6. Limitations and Trade-offs

  • Missing reproducibility-critical details
  • The excerpt lacks optimizer/schedule, batch sizes, full architecture sizes for Nano/Super/Ultra, compute budget, and hardware scale, which limits the ability to independently reproduce results.

  • Limited clarity on Super/Ultra specifics

  • While Super/Ultra are described as using NVFP4, LatentMoE, and MTP (abstract; §2.4), the excerpt provides most quantitative evidence on Nano and ablation models, not full Super/Ultra evaluations.

  • Long-context training vs inference mismatch

  • Nano’s CPT is at 512k and SFT at 256k, while the model claims support up to 1M tokens (§2.5). Table 3 and RULER show extrapolation is plausible, but this still implies reliance on generalization beyond the trained length.

  • Reasoning budget control depends on interface convention

  • The budget control mechanism relies on using a </think> token to truncate “thinking traces” (§2.7). The excerpt does not discuss how reliably this works across domains, whether it affects faithfulness, or how it interacts with tool-use policies.

  • MoE operational complexity

  • Even with LatentMoE, MoE introduces routing, load balancing, and communication complexity. The excerpt focuses on bottlenecks and mitigation, but does not detail load-balancing losses, expert collapse issues, or distributed systems edge cases.

7. Implications and Future Directions

  • How this changes the landscape
  • The paper pushes an architectural thesis: for agentic and long-generation workloads, minimizing attention layers and leaning on Mamba-2 plus MoE can shift the accuracy–throughput frontier (Figure 2, §2.1).
  • It also presents a hardware-aware MoE redesign (LatentMoE) that explicitly targets memory bandwidth and all-to-all bottlenecks rather than treating MoE as purely a modeling choice (§2.2).

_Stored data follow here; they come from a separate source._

-- ===== src/Tests.antt =====
-- Concrete inputs: each theorem of the results at one input that meets its conditions.
mod Fixtures
mod Proto
mod Principal
mod Sound
mod Server
mod Client
mod Xwd
mod Proxy
mod Tunnels
mod Osd
mod Yuv
mod Raw
mod Frame
mod Session
mod WinKeys
mod Broker
mod Input
mod Clipboard
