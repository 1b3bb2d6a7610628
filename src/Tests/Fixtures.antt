-- ===== src/Tests/Fixtures.antt =====
-- Instances of the parameters for the tests: a byte order, and codecs for a few messages.
use sanzu.Prelude.{
  ℕ, ◌+◌, ◌*◌, ◌/◌, ◌%◌, ◌^◌, ◌≡◌, refl, List, [], ◌∷◌, none, some, length, arith, Bool, true,
  false, ◌<◌, ◌==◌, if◌then◌else◌,
}
use sanzu.Prelude.Bytes.{LittleEndian, LittleEndianLaws}
use sanzu.Messages.{Version}
use sanzu.Messages.Server.{ServerMsgOrErr, ServerAnswer, ServerOk}
use sanzu.Messages.Client.{ClientMsgOrErr, ClientAnswer, ClientOk}
use sanzu.Proto.Tunnel.{Message}
use sanzu.Proto.Events.{Wire}

abbrev pub eight_bytes : ℕ → List ℕ
eight_bytes n =
    n % 256
    ∷ n / 256 % 256
    ∷ n / 65536 % 256
    ∷ n / 16777216 % 256
    ∷ n / 4294967296 % 256
    ∷ n / 1099511627776 % 256
    ∷ n / 281474976710656 % 256
    ∷ n / 72057594037927936 % 256
    ∷ []

abbrev pub from_bytes : List ℕ → ℕ
from_bytes [] = 0
from_bytes (x ∷ xs) = x + 256 * from_bytes xs

abbrev pub little : LittleEndian
little = record {
  write_u64 = eight_bytes;
  read_u64 = from_bytes;
  write_u32 = λ n. n % 256 ∷ n / 256 % 256 ∷ n / 65536 % 256 ∷ n / 16777216 % 256 ∷ [];
}

read_eight : (n : ℕ) → n < 2 ^ 64 → from_bytes (eight_bytes n) ≡ n
read_eight n h = omega arith

pub little-laws : LittleEndianLaws little
little-laws = record { write_length = λ n. refl; read_write = read_eight }

-- Lists of bytes as they are.
abbrev pub raw : Message (List ℕ)
raw = record { encoded_len = λ m. length m; encode = λ m. m; decode = λ bytes. some bytes }

-- A codec that knows two messages of a type.
abbrev pub two : {M : Type 0} → (M → Bool) → M → M → Message M
two is_first a b = record {
  encoded_len = λ m. 1;
  encode = λ m. if is_first m then 1 ∷ [] else 2 ∷ [];
  decode = λ bytes. elim bytes [
    | [] ↦ none
    | x ∷ _ ↦ if x == 1 then some a else if x == 2 then some b else none
  ];
}

abbrev pub our_version : Version
our_version = record { version = "0.1.1" }

abbrev pub server_version : ServerMsgOrErr
server_version = record { msg = some (ServerAnswer.answer (some (ServerOk.version our_version))) }

abbrev pub server_refused : ServerMsgOrErr
server_refused = record { msg = some (ServerAnswer.refusal (record { errors = "no" ∷ [] })) }

abbrev pub client_version : ClientMsgOrErr
client_version = record { msg = some (ClientAnswer.answer (some (ClientOk.version our_version))) }

abbrev pub client_refused : ClientMsgOrErr
client_refused = record { msg = some (ClientAnswer.refusal (record { errors = "no" ∷ [] })) }

abbrev pub server_answers : ServerMsgOrErr → Bool
server_answers m = elim m.msg [ some (ServerAnswer.answer _) ↦ true | _ ↦ false ]

abbrev pub client_answers : ClientMsgOrErr → Bool
client_answers m = elim m.msg [ some (ClientAnswer.answer _) ↦ true | _ ↦ false ]

abbrev pub wire : Wire
wire = record {
  order = little;
  server_codec = two server_answers server_version server_refused;
  client_codec = two client_answers client_version client_refused;
  error_codec = record { encoded_len = λ m. 0; encode = λ m. []; decode = λ bytes. none };
}
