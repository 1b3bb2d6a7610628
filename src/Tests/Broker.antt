-- ===== src/Tests/Broker.antt =====
-- The results on the broker and on authentication, with small libraries.
use sanzu.Prelude.{
  ℕ, ◌+◌, ◌≡◌, ◌≢◌, refl, String, true, false, same, same_iff, List, [], ◌∷◌, ◌++◌, none, some,
  arith, ◌==◌, if◌then◌else◌,
}
use sanzu.Outcome.{ok}
use sanzu.Proto.Stream.{Stream, read_exact, write_all}
use sanzu.Auth.Certificate.{
  Extension, GeneralName, certified_user, user_of_certificate, user_of_name, get_subj_alt_names,
}
use sanzu.Auth.Pam.{Dialogue, Pam}
use sanzu.Auth.Kerberos.{
  Gss, do_kerberos_client_auth, begin_rounds, after_rounds, server_rounds, then_round, server_round,
  answer_token, reply_token, check_client, check_flags,
}
use sanzu.Broker.{
  AuthType, Config, Libraries, auth_client, callback_args, token_client_addr,
  token_unix_socket_path, tls_user, handshaken, authenticate, kerberos_user, or_endless,
  agree_users, named,
}
use sanzu.Broker.Arguments.{callback_args-substituted}
use sanzu.Broker.Forward.{Link, Ready, loop_fwd_conn}
use sanzu.Broker.Carried.{Carries, loop_fwd_conn-Carries}
use sanzu.Principal.{get_username_from_principal, strip_suffix}
use sanzu.Proto.Tunnel.{recv, send}
use sanzu.Tests.Fixtures.{wire}
use sanzu.Messages.Client.{ClientOk}
use sanzu.Proto.Events.{Wire, recv_client_msg_type, recv_client_msg_or_error, send_server_msg_type}
use sanzu.Proto.Frames.{client_answer}
use sanzu.Session.{our_version, greet_client, told_client, tell_client}

-- A library that wants two tokens, and one that asks for a name once.
abbrev gss : Gss ℕ
gss = record {
  setup = ok 0;
  step = λ k token. (ok (some (1 ∷ [])), k + 1);
  source_name = λ k. ok (97 ∷ 64 ∷ 114 ∷ []);
  flags = λ k. ok (record { mutual_flag = true; integ_flag = true });
}

abbrev pam : Pam ℕ
pam = record {
  with_conversation = λ name p. ok p;
  authenticate = λ p. Dialogue.prompt_echo "login: " (λ answer. Dialogue.done (none, p));
  open_session = λ p. (ok tt, p);
  get_user = λ p. ok (97 ∷ []);
  change_authentication_token = λ p. Dialogue.done (true, p);
}

abbrev libraries : Libraries ℕ ℕ
libraries = record {
  handshake = ok (some ((7 ∷ []) ∷ []));
  from_der = λ cert.
      ok (
        Extension.subject_alternative_name (GeneralName.rfc822_name (97 ∷ 64 ∷ 114 ∷ []) ∷ [])
        ∷ []);
  gss = gss;
  pam = pam;
  system = 0;
}

abbrev config : Config
config = record {
  allowed_client_domains = some ((114 ∷ []) ∷ []);
  auth_type = some (AuthType.kerberos ((114 ∷ []) ∷ []));
  command_args = [];
}

-- The client tells its version, then a token, then that it is done.
abbrev tokens : Wire
tokens = record wire {
  client_codec = record {
    encoded_len = λ m. 1;
    encode = λ m. 1 ∷ [];
    decode = λ bytes. elim bytes [
      | [] ↦ none
      | x ∷ _ ↦ some (
          client_answer (
            if x == 1
            then ClientOk.version our_version
            else ClientOk.kerberos (record { token = if x == 2 then 5 ∷ [] else [] })))
    ];
  };
}

abbrev one_byte : ℕ → List ℕ
one_byte b = 1 ∷ 0 ∷ 0 ∷ 0 ∷ 0 ∷ 0 ∷ 0 ∷ 0 ∷ b ∷ []

abbrev connected : Stream
connected = record {
  input = one_byte 1 ++ one_byte 2 ++ one_byte 3 ++ 9 ∷ [];
  output = [];
  writes_left = 5;
}

-- The user of the principal `a@r` comes through.
admitted : auth_client tokens libraries config connected ≡ (
  ok (97 ∷ [], our_version),
  record { input = 9 ∷ []; output = one_byte 1 ++ one_byte 1; writes_left = 3 },
)
unfolding auth_client tls_user handshaken certified_user user_of_certificate user_of_name
    get_subj_alt_names get_username_from_principal strip_suffix greet_client authenticate
    kerberos_user or_endless do_kerberos_client_auth begin_rounds after_rounds server_rounds
    then_round server_round answer_token reply_token check_client check_flags agree_users named
    told_client tell_client recv_client_msg_type recv_client_msg_or_error recv read_exact
    send_server_msg_type send write_all
admitted = refl

abbrev command : List String
command = "-u" ∷ "%USERNAME%" ∷ "%CLIENT_ADDR%" ∷ "%UNIX_SOCK_PATH%" ∷ []

different : (s t : String) → same s t ≡ false → s ≢ t
different s t h e = ground (arith, h, (same_iff s t).1 e)

callback_args-substituted_example :
    callback_args command "alice" "10.0.0.1:80" "/tmp/video_1"
    ≡ "-u" ∷ "alice" ∷ "10.0.0.1:80" ∷ "/tmp/video_1" ∷ []
callback_args-substituted_example =
    callback_args-substituted "alice" "10.0.0.1:80" "/tmp/video_1" command
      (different "alice" token_client_addr refl) (different "alice" token_unix_socket_path refl)
      (different "10.0.0.1:80" token_unix_socket_path refl)

abbrev link : Link
link = record {
  client = record { input = 1 ∷ 2 ∷ 3 ∷ []; output = []; writes_left = 1 };
  server = record { input = 9 ∷ []; output = []; writes_left = 1 };
}

abbrev events : List Ready
events = Ready.client_ready 2 ∷ Ready.server_ready 5 ∷ Ready.client_ready 5 ∷ []

loop_fwd_conn-Carries_example :
    Carries (loop_fwd_conn events link).0 link (loop_fwd_conn events link).1
loop_fwd_conn-Carries_example = loop_fwd_conn-Carries events link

  • Follow-up research enabled

  • Better understanding of where a few attention layers are necessary in predominantly Mamba-based stacks (Figure 1 suggests specific patterns, but the excerpt does not formalize design rules).
  • More systematic study of LatentMoE scaling laws: how â„“, N, and K should scale with model size and deployment regime.
  • Stronger long-context evaluations beyond lookup tasks (e.g., multi-document reasoning reliability across 1M tokens), since the excerpt shows promising indicators (Table 3, Figure 6) but not broad task coverage at 1M.

  • Practical applications / downstream use cases (as stated)

  • Nano: positioned as cost-efficient and strong vs comparable models for accuracy while remaining inexpensive for inference (abstract).
  • Super: positioned for collaborative agents and high-volume workloads like IT ticket automation (abstract).
  • Ultra: positioned for highest accuracy and reasoning performance (abstract).

  • Repro/Integration Guidance (based on the provided excerpt)

  • Prefer this approach when:
    • You need high throughput for long input/output reasoning traces (Figure 2, §2.1).
    • You need very long context up to 1M tokens and want to avoid RoPE-based extrapolation issues (§2.5).
    • You plan to do RL post-training at scale and benefit from fast rollout generation (§2.6).
  • LatentMoE is most relevant if you deploy MoE in regimes where either:
    • expert weight reads dominate (latency-focused), or
    • all-to-all dispatch dominates (throughput-focused), since LatentMoE directly shrinks the communicated/routed dimension (§2.2).
  • If you want speculative decoding without a separate draft model, MTP is presented as a natural fit, with reported high acceptance of early predicted tokens (§2.3).